-- ===== src/Tasks/Threads/HandingOn.antt =====
-- Who takes over when the head of a thread leaves it (pkg/tasks/core.go).
use moab.Base.{
  ℕ, ◌≡◌, ◌⊎◌, ◌≤◌, inl, inr, refl, subst, List, [], ◌∷◌, none, some, ok, arith, true, Option-cases,
  All,
}
use moab.Honey.{Item, IsSorted}
use moab.Tasks.Types.{QueueId, Task, Thread}
use moab.Tasks.Monad.{Stores, Db, ◌>>=◌, task_in, queue_of, thread_key, item}
use moab.Tasks.Access.{
  tasks_get, threads_get, threads_set, threads_delete, queue_index_add, thread_index_remove,
  thread_index_items,
}
use moab.Tasks.Threads.{
  read_earliest, promote_with, promote_next_thread_head, detach_task_from_thread,
}

module _ ⦃S : Stores⦄ where
  -- The members of a task's thread without the task, earliest first.
  abbrev pub others_of : Task → Db → List (Item ℕ)
  others_of task db =
      S.threaded_tasks_index.items
        (S.threaded_tasks_index.remove db.threaded_tasks_index
          (thread_key (queue_of task.id) task.thread_id) (item task.scheduled_at task.id.task_id))
        (thread_key (queue_of task.id) task.thread_id)

  -- The thread of `task` has been handed on to its earliest other member.
  pub record IsHandedOn (task : Task) (thread : Thread) (before after : Db) : Type 0 where
    pub first : Item ℕ
    pub rest : List (Item ℕ)
    pub members : others_of task before ≡ first ∷ rest
    pub earliest : All (λ (i : Item ℕ). first.time ≤ i.time) rest
    pub next : Task
    pub stored : S.tasks.get before.tasks (task_in (queue_of task.id) first.ref) ≡ some next
    pub row :
        S.threads.get after.threads (thread_key (queue_of task.id) task.thread_id)
        ≡ some (record thread {
          visible_at = 0;
          head_task_id = next.id;
          scheduled_at = next.scheduled_at;
        })
    pub queued :
        S.queue_index.has after.queue_index
          (queue_of task.id)
          (item next.scheduled_at next.id.task_id)
        ≡ true

  -- `promoteNextThreadHead` on the members `is`.
  hand_on :
      (task : Task) (thread : Thread) (before mid after : Db) (is : List (Item ℕ))
      → thread.thread_id ≡ task.thread_id
      → mid.tasks ≡ before.tasks
      → others_of task before ≡ is
      → IsSorted is
      → (read_earliest (queue_of task.id) is >>= promote_with (queue_of task.id) thread) mid
        ≡ ok (tt, after)
      → ((others_of task before ≡ [])
          × (S.threads.get after.threads (thread_key (queue_of task.id) task.thread_id) ≡ none))
        ⊎ IsHandedOn task thread before after
  unfolding read_earliest promote_with threads_delete tasks_get threads_set queue_index_add
  hand_on task thread before mid after [] name same members sorted e = inl (
    members,
    ground (
      arith,
      S.threads.get-erase_self mid.threads (thread_key (queue_of task.id) task.thread_id),
    ),
  )
  hand_on task thread before mid after (i ∷ is) name same members sorted e =
      elim (Option-cases (S.tasks.get mid.tasks (task_in (queue_of task.id) i.ref))) [
        | inl gone ↦ absurd (ground (arith, gone, e))
        | inr (next, found) ↦
            let q : QueueId = queue_of task.id in
            let row : Thread = record thread {
              visible_at = 0;
              head_task_id = next.id;
              scheduled_at = next.scheduled_at;
            } in
            let last : Db = record mid {
              threads = S.threads.set mid.threads (thread_key q thread.thread_id) row;
              queue_index =
                  S.queue_index.add mid.queue_index q (item next.scheduled_at next.id.task_id);
            } in
            let done : last ≡ after = ground (arith, found, e) in
            inr (
              subst (IsHandedOn task thread before) done (record {
                first = i;
                rest = is;
                members = members;
                earliest = sorted.0;
                next = next;
                stored = subst (λ ts. S.tasks.get ts (task_in q i.ref) ≡ some next) same found;
                row =
                    subst (λ t. S.threads.get last.threads (thread_key q t) ≡ some row) name
                      (S.threads.get-set_self mid.threads (thread_key q thread.thread_id) row);
                queued =
                    S.queue_index.has-add_self mid.queue_index q
                      (item next.scheduled_at next.id.task_id);
              }))
      ]

  -- If the row of the thread of a task names the task as its head, and detaching the task
  -- succeeds, then either the task was the only member and the thread has no row any more; or
  -- the member with the earliest time in the index of the thread is stored, the row names it and
  -- its scheduled time and is not leased, and it is in the queue at that time.
  pub detach_task_from_thread-IsHandedOn :
      (task : Task) (thread : Thread) (db after : Db)
      → thread.thread_id ≡ task.thread_id
      → S.threads.get db.threads (thread_key (queue_of task.id) task.thread_id) ≡ some thread
      → thread.head_task_id.task_id ≡ task.id.task_id
      → detach_task_from_thread task db ≡ ok (tt, after)
      → ((others_of task db ≡ [])
          × (S.threads.get after.threads (thread_key (queue_of task.id) task.thread_id) ≡ none))
        ⊎ IsHandedOn task thread db after
  unfolding detach_task_from_thread thread_index_remove threads_get promote_next_thread_head
      thread_index_items
  detach_task_from_thread-IsHandedOn task thread db after name row head e =
      let q : QueueId = queue_of task.id in
      let mid : Db = record db {
        threaded_tasks_index =
            S.threaded_tasks_index.remove db.threaded_tasks_index (thread_key q task.thread_id)
              (item task.scheduled_at task.id.task_id);
      } in
      let promoted : promote_next_thread_head q thread mid ≡ ok (tt, after) =
        ground (arith, row, head, e) in
      hand_on task thread db mid after (others_of task db) name refl refl
        (S.threaded_tasks_index.items-IsSorted mid.threaded_tasks_index
          (thread_key q task.thread_id))
        (subst
          (λ t.
            (read_earliest q
                  (S.threaded_tasks_index.items mid.threaded_tasks_index (thread_key q t))
                >>= promote_with q thread)
              mid
            ≡ ok (tt, after))
          name promoted)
··········
> [TO DO] Determine how many of the lines above include the word "IsHandedOn", then give that number and nothing else.

> [EXERCISE OUTPUT] 6